Ten interesting things we read this week

Some of the most fascinating topics covered this week are: Business (VUCA spells doom for managers and their mantras; why is ear worth much less than eye? One person who took down a country), Technology (The Splinternet of Things threatens 5G's potential; Tech that could seriously change the game in 2020), Personality (How to lead a conversation between people who disagree), and India (India's Great Slowdown: What happened? What's the way out?)

Published: Jan 4, 2020 08:15:26 AM IST

g_126009_shutterstock_1016846785_bg_280x210.jpgImage: Shutterstock

At Ambit, we spend a lot of time reading articles that cover a wide gamut of topics, ranging from zeitgeist to futuristic, and encapsulate them in our weekly ‘Ten Interesting Things’ product. Some of the most fascinating topics covered this week are: Business (VUCA spells doom for managers and their mantras; why is ear worth much less than eye? One person who took down a country), Technology (The Splinternet of Things threatens 5G's potential; Tech that could seriously change the game in 2020), Personality (How to lead a conversation between people who disagree), and India (India’s Great Slowdown: What happened? What’s the way out?). 

Here are the ten most interesting pieces that we read this week, ended January 03, 2020.

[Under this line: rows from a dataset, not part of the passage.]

-- ===== src/Vm/Stack.antt =====
-- The stack of c/scheme48vm.c, which grows downwards in the memory of the heap, and the procedures
-- `pop_args_GlistS`, `push_list`, `copy_listS` and `rest_list_setup`, which move arguments between
-- it and lists.
pub mod Pop
pub mod Push
pub mod Copy
use kali_scheme.Prelude.{
  ℕ, zero, suc, ◌+◌, ◌-◌, ◌*◌, ◌/◌, Bool, true, false, ltb, leb, ◌==◌, if◌then◌else◌,
}
use kali_scheme.Heap.Memory.{Memory, load, store}
use kali_scheme.Heap.Space.{is_available}
use kali_scheme.Heap.Copy.{Heap, data_address}
use kali_scheme.Vm.Pair.{car, cdr, schnull, cons}

-- `stack` is the place of the next push: the top of the stack is the word above it.
pub record Vm : Type 0 where
  pub heap : Heap
  pub stack : ℕ
  pub stack_limit : ℕ

-- A procedure that returns, that goes on with `collect_saving_temp` because there is no room in the
-- heap, or with `copy_stack_into_heap` because there is none on the stack; and fuel that ran out.
pub data Progress {ℓ} (A : Type ℓ) : Type ℓ where
  done : A → Progress A
  collects : Progress A
  moves_stack : Progress A
  no_fuel : Progress A

infixl 5 ◌>>=◌
abbrev pub ◌>>=◌ {ℓ κ} : {A : Type ℓ} {B : Type κ} → Progress A → (A → Progress B) → Progress B
done a >>= f = f a
collects >>= f = collects
moves_stack >>= f = moves_stack
no_fuel >>= f = no_fuel

-- `*((long *) (SstackS)) = x; SstackS = ((SstackS) + -4);`
abbrev pub push_stack : ℕ → Vm → Vm
push_stack x vm = record vm {
  heap = record vm.heap { memory = store vm.heap.memory vm.stack x };
  stack = vm.stack - 4;
}

-- The loop of `pop_args_GlistS`: the list, the stack and the heap.
unfoldable pub pop_args : (count args stack : ℕ) → Heap → ℕ × ℕ × Heap
pop_args zero args stack h = (args, stack, h)
pop_args (suc count) args stack h =
    let (x, h') = cons (load h.memory (stack + 4)) args h in pop_args count x (stack + 4) h'

unfoldable pub pop_args_list : (start count : ℕ) → Vm → Progress (ℕ × Vm)
pop_args_list start count vm =
    if is_available (3 * count) vm.heap.space
    then (let (list, stack, h) = pop_args count start vm.stack vm.heap in
        done (list, record vm { heap = h; stack = stack }))
    else collects

-- The loop of `push_list`: what is left of the list, the stack and the memory.
unfoldable pub push_args : (i list stack : ℕ) → Memory → ℕ × ℕ × Memory
push_args zero l stack m = (l, stack, m)
push_args (suc i) l stack m =
    let m' = store m stack (car m l) in push_args i (cdr m' l) (stack - 4) m'

-- `count < 64 + ((stack - limit) >> 2)`, where the stack may be under the limit.
unfoldable pub has_stack_room : (count stack limit : ℕ) → Bool
has_stack_room count stack limit =
    if leb limit stack
    then ltb count (64 + (stack - limit) / 4)
    else ltb (count + (limit - stack + 3) / 4) 64

-- The list is pushed before the test, and popped after it.
unfoldable pub push_list : (list count : ℕ) → Vm → Progress (ℕ × Vm)
push_list list count vm =
    let pushed = push_stack list vm in
    if has_stack_room count pushed.stack vm.stack_limit
    then (let (l, stack, m) =
          push_args count (load pushed.heap.memory (pushed.stack + 4)) (pushed.stack + 4)
            pushed.heap.memory in
        done (l, record pushed { heap = record pushed.heap { memory = m }; stack = stack }))
    else moves_stack

-- The loop of `copy_listS`, which links each new pair to the one before it.
unfoldable pub copy_rest : ℕ → (l last : ℕ) → Heap → Progress Heap
copy_rest zero l last h = no_fuel
copy_rest (suc k) l last h = elim (schnull == l) [
  | true ↦ done h
  | false ↦
      let (x, h') = cons (car h.memory l) schnull h in
      let m = store h'.memory (data_address last + 4) x in
      copy_rest k (cdr m l) x (record h' { memory = m })
]

-- `copy_listS` behind its test for room: the first pair, and then the loop.
unfoldable pub copy_pairs : ℕ → (list : ℕ) → Heap → Progress (ℕ × Heap)
copy_pairs k list h =
    let (x, h') = cons (car h.memory list) schnull h in
    do h'' ← copy_rest k (cdr h'.memory list) x h'; done (x, h'')

unfoldable pub copy_list : ℕ → (list length : ℕ) → Vm → Progress (ℕ × Vm)
unfolding copy_pairs
copy_list k list length vm =
    if length == 0
    then done (schnull, vm)
    else (if is_available (3 * length) vm.heap.space
        then (do (x, h) ← copy_pairs k list vm.heap; done (x, record vm { heap = h }))
        else collects)

-- The arguments behind the wanted ones go into a list, which is pushed.
unfoldable pub rest_list_setup :
    ℕ → (wants_stack_args stack_arg_count list_args list_arg_count : ℕ) → Vm → Progress Vm
rest_list_setup k wants count list list_count vm =
    if count == wants
    then (do (x, vm₁) ← copy_list k list list_count vm; done (push_stack x vm₁))
    else (if ltb count wants
        then (do
          (l, vm₁) ← push_list list (wants - count) vm
          (x, vm₂) ← copy_list k l (list_count - (wants - count)) vm₁
          done (push_stack x vm₂))
        else (do
          (l, vm₁) ← copy_list k list list_count vm
          (x, vm₂) ← pop_args_list l (count - wants) vm₁
          done (push_stack x vm₂)))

1) VUCA spells doom for managers and their mantras [Source: Livemint]
When an employee joins a new company, he is often given pages to fill up. The principle guiding this exercise is management by objectives (MBO), a tool developed by Peter Drucker, often described as the “founder of modern management". The organization’s goals are broken down into smaller and smaller goals as one went down the pyramid until they reached the employee, at the bottom of the managerial food chain. All employees had to define (or were given) their key result areas (KRAs) and set targets, against which they would be judged at the end of the year.

But, this is changing now. When the author of this piece enquired about the same, his friend said, “MBO is gone, KRAs are gone." So what’s in now? “A lot of companies use OKR—Google, Microsoft, all the top firms," he said. OKR stands for objectives and key results. OKR was developed at Intel Corp. in the 1970s by its legendary CEO Andy Grove. John Doerr, today one of Silicon Valley’s most powerful investors, learnt it at Intel as a young engineer. As an early investor in Google, he introduced the founders Larry Page and Sergei Brin to it. Since then, OKR has spread like wildfire.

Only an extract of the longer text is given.